We can now build a SVM model using the optimal values for the hyperparameters.

In [140]:
SVMmodel = svm.SVC(kernel='rbf', C=10000, gamma=.001) 
SVMmodel.fit(resTrain_Scaled, resTrain_labels)
SVMmodel.score(resTest_scaled, resTest_labels)
Out[140]:
0.72560839473096672

As shown above, we achieved an accuracy of 73% - not bad! This means that we labeled 73% of the observations in the test data set correctly, however an accuracy value can be misleading for unbalanced data.
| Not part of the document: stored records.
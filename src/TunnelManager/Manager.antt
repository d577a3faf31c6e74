-- ===== src/TunnelManager/Manager.antt =====
-- rita/src/rita_common/tunnel_manager/mod.rs and id_callback.rs: the actor `TunnelManager`, how it
-- hands out ports, and opens and closes tunnels. What the system answers is an argument; the calls
-- of the kernel interface, and the messages to babel, are listed in their order.
use Prim.Native.String.{String}
use althea_rs.Prelude.{
  ℕ, zero, suc, ◌+◌, ◌-◌, Bool, true, false, Option, none, some, List, [], ◌∷◌, ◌++◌, length, map,
  ◌==◌, ◌&&◌, any, get_elem?, if◌then◌else◌,
}
use althea_rs.Prelude.Maps.{HashMap, get, insert, remove}
use althea_rs.Prelude.Outcome.{Outcome, ok, err, panic}
use althea_rs.AltheaTypes.{Identity, LocalIdentity, identity_key}
use althea_rs.Time.{Instant}
use althea_rs.TunnelManager.Tunnel.{
  Tunnel, new_tunnel, have_tunnel_by_ip, have_tunnel_by_ifidx, get_tunnel_by_ifidx, del_tunnel,
}

abbrev pub Tunnels : Type 0
Tunnels = HashMap Identity (List Tunnel)

pub record TunnelManager : Type 0 where
  pub free_ports : List ℕ
  pub tunnels : Tunnels

pub data Error : Type 0 where
  port_error no_mesh_ip kernel_error : Error

-- The calls that an operation makes.
pub data Call : Type 0 where
  del_interface : String → Call
  monitor unmonitor : Tunnel → ℕ → Call
  port_callback : ℕ → Call
  hello : ℕ → Call

-- `Peer` of peer_listener: the interface, and the address of its socket.
pub record Peer : Type 0 where
  pub ifidx : ℕ
  pub ip : ℕ

-- What the system answers: the ports in use, or an error, and the random index, at each attempt to
-- find a port; the name of a new interface; and whether opening the tunnel succeeds.
pub record System : Type 0 where
  pub used_ports : ℕ → Option (List ℕ)
  pub gen_range : ℕ → ℕ → ℕ
  pub setup_wg_if : Option String
  pub opened : Outcome Error (Unit {0})

-- `(start..end).collect()`, by the number of its elements.
abbrev pub range : ℕ → ℕ → List ℕ
range start zero = []
range start (suc n) = start ∷ range (start + 1) n

-- `TunnelManager::new`, with the setting of the port.
unfoldable pub manager_new : ℕ → TunnelManager
manager_new wg_start_port = record {
  free_ports = range wg_start_port (65535 - wg_start_port);
  tunnels = [];
}

-- `Vec::remove`
abbrev pub remove_at : ℕ → List ℕ → List ℕ
remove_at i [] = []
remove_at zero (x ∷ xs) = xs
remove_at (suc i) (x ∷ xs) = x ∷ remove_at i xs

abbrev pub push : ℕ → TunnelManager → TunnelManager
push port m = record m { free_ports = m.free_ports ++ (port ∷ []) }

-- One attempt of `get_port`: an empty pool panics in `gen_range`, and what follows a port that is in
-- use is given.
unfoldable pub try_port :
    System
    → ℕ
    → TunnelManager
    → (ℕ → TunnelManager → Outcome Error (Option ℕ) × TunnelManager)
    → Outcome Error (Option ℕ) × TunnelManager
try_port system level m on_used =
    let val = system.gen_range level (length m.free_ports) in
    elim (get_elem? m.free_ports val) [
      | none ↦ (panic, m)
      | some port ↦
          let rest = record m { free_ports = remove_at val m.free_ports } in
          elim (system.used_ports level) [
            | none ↦ (ok none, rest)
            | some used_ports ↦
                if any (λ p. p == port) used_ports
                then on_used port rest
                else (ok (some port), rest)
          ]
    ]

-- `get_port` at a level, with so many more levels up to the tenth.
unfoldable pub get_port : ℕ → System → ℕ → TunnelManager → Outcome Error (Option ℕ) × TunnelManager
unfolding try_port
get_port zero system level m = try_port system level m (λ port rest. (panic, rest))
get_port (suc more) system level m =
    try_port system level m (λ port rest. get_port more system (level + 1) (push port rest))

-- `contact_neighbor`, which fails without a route or an identity, and `neighbor_inquiry`.
unfoldable pub neighbor_inquiry :
    Bool → System → TunnelManager → Outcome Error (Unit {0}) × List Call × TunnelManager
neighbor_inquiry contacts system m =
    let (r, m') = get_port 10 system 0 m in
    elim r [
      | ok none ↦ (err port_error, [], m')
      | ok (some port) ↦ if contacts then (ok tt, hello port ∷ [], m') else (err no_mesh_ip, [], m')
      | err e ↦ (err e, [], m')
      | panic ↦ (panic, [], m')
    ]

-- What is known anew of a tunnel by a hello.
abbrev pub bump : Instant → Peer → LocalIdentity → Tunnel → Tunnel
bump now peer their_localid tunnel =
    if tunnel.listen_ifidx == peer.ifidx && tunnel.ip == peer.ip
    then record tunnel {
      last_contact = now;
      neigh_id = record (tunnel.neigh_id) {
        global = record (tunnel.neigh_id.global) { nickname = their_localid.global.nickname };
      };
    }
    else tunnel

abbrev pub tunnels_of : Identity → Tunnels → List Tunnel
tunnels_of key m = elim (get key m) [ none ↦ [] | some tunnels ↦ tunnels ]

abbrev pub they_have : Option Bool → Bool
they_have none = true
they_have (some v) = v

-- The end of `open_tunnel`, and `create_new_tunnel`.
unfoldable pub create_new_tunnel :
    System
    → Instant
    → LocalIdentity
    → Peer
    → ℕ
    → Option ℕ
    → Bool
    → TunnelManager
    → Outcome Error (Tunnel × Bool) × List Call × TunnelManager
create_new_tunnel system now their_localid peer our_port light_client return_bool m =
    elim system.setup_wg_if [
      | none ↦ (panic, [], m)
      | some iface_name ↦
          let tunnel =
            new_tunnel now peer.ip iface_name our_port peer.ifidx their_localid light_client in
          let key = their_localid.global in
          elim system.opened [
            | panic ↦ (panic, [], m)
            | err e ↦ (err e, [], m)
            | ok _ ↦ (
              ok (tunnel, return_bool),
              elim light_client [ none ↦ monitor tunnel 0 ∷ [] | some _ ↦ [] ],
              record m {
                tunnels = insert key (tunnels_of key m.tunnels ++ (tunnel ∷ [])) m.tunnels;
              },
            )
          ]
    ]

-- The tunnel is taken from the list of its identity, which goes when it is empty.
unfoldable pub drop_tunnel : Identity → Tunnel → List Tunnel → Tunnels → Tunnels
drop_tunnel key tunnel tunnels m = elim (del_tunnel tunnel tunnels) [
  | [] ↦ remove key m
  | t ∷ ts ↦ insert key (t ∷ ts) m
]

unfoldable pub open_tunnel :
    System
    → Instant
    → LocalIdentity
    → Peer
    → ℕ
    → Option ℕ
    → TunnelManager
    → Outcome Error (Tunnel × Bool) × List Call × TunnelManager
unfolding create_new_tunnel drop_tunnel
open_tunnel system now their_localid peer our_port light_client m =
    let key = their_localid.global in
    let tunnels = tunnels_of key m.tunnels in
    let we_have_tunnel =
      have_tunnel_by_ifidx peer.ifidx tunnels && have_tunnel_by_ip peer.ip tunnels in
    if we_have_tunnel
    then (let bumped = map (bump now peer their_localid) tunnels in
        let m' = record m { tunnels = insert key bumped m.tunnels } in
        elim (get_tunnel_by_ifidx peer.ifidx bumped) [
          | none ↦ (panic, [], m')
          | some tunnel ↦
              if they_have their_localid.have_tunnel
              then (ok (tunnel, true), [], push our_port m')
              else (let dropped = record m' {
                tunnels = drop_tunnel key tunnel bumped m'.tunnels;
              } in
                  let (r, calls, last) =
                    create_new_tunnel system now their_localid peer our_port light_client true
                      (push tunnel.listen_port dropped) in
                  (r, del_interface tunnel.iface_name ∷ calls, last))
        ])
    else create_new_tunnel system now their_localid peer our_port light_client false m

-- The port of a callback, or one from the pool.
unfoldable pub chosen_port :
    System → Option ℕ → TunnelManager → Outcome Error (Option ℕ) × TunnelManager
chosen_port system (some port) m = (ok (some port), m)
chosen_port system none m = get_port 10 system 0 m

-- `Handler<IdentityCallback>`: the port is given, or taken from the pool.
unfoldable pub identity_callback :
    System
    → Instant
    → LocalIdentity
    → Peer
    → Option ℕ
    → Option ℕ
    → TunnelManager
    → Outcome Error (Option (Tunnel × Bool)) × List Call × TunnelManager
unfolding chosen_port
identity_callback system now their_localid peer our_port light_client m =
    let (chosen, m') = chosen_port system our_port m in
    elim chosen [
      | ok none ↦ (ok none, [], m')
      | ok (some port) ↦
          let (r, calls, last) = open_tunnel system now their_localid peer port light_client m' in
          (elim r [ ok res ↦ ok (some res) | err e ↦ ok none | panic ↦ panic ], calls, last)
      | err e ↦ (err e, [], m')
      | panic ↦ (panic, [], m')
    ]

-- `Handler<PortCallback>`
unfoldable pub port_returned : ℕ → TunnelManager → TunnelManager
port_returned port m = push port m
We can get more information by examining the confusion matrix.

In [147]:
resPredict = SVMmodel.predict(resTest_scaled)
preds = pd.DataFrame(confusion_matrix(resTest_labels, resPredict))
preds.columns = ['Predicted < 3 Stars', 'Predicted > 4 Stars']
preds.index = ['Actual < 3 Stars', 'Actual > 4 Stars']
preds
Out[147]:
Predicted < 3 Stars Predicted > 4 Stars
Actual < 3 Stars 920 710
Actual > 4 Stars 519 2330

We further examine the performance of our model with the following metrics:

* precision: when the model predicts that a restaurant has more than four stars, how often is it right?

  • precision = true positive / (true positive + false positive)

* recall (or true positive rate): of the restaurants that actually have > 4 stars, how many did the model correctly label as such?

  • recall = true positive / (true positive + false negative)

* accuracy: how many observations did the model correctly label?

  • accuracy = (true positive + true negative) / (total number of observations)

* false positive rate: how many observations did the model correctly label?

  • false positive rate = false positive / (true negative + false positive)
In [155]:
print('precision:  ', 2330/(2330+710))
print('recall:  ', 2330/(2330+519))
print('accuracy:  ', (2330+920)/(2330+920+519+710))
print('false positive rate:  ', (710/(920+710)))
precision:   0.7664473684210527
recall:   0.8178308178308178
accuracy:   0.7256083947309667
false positive rate:   0.43558282208588955

In summary, we were able to build a SVM model to predict wether a restaurant on Yelp will get < 3 or > 4 stars with 73% accuracy. This is interesting (to me at least) because this model only includes features about characteristics of the restaurant, such as whether or not WiFi is available, and these are things that an owner can control relatively easily.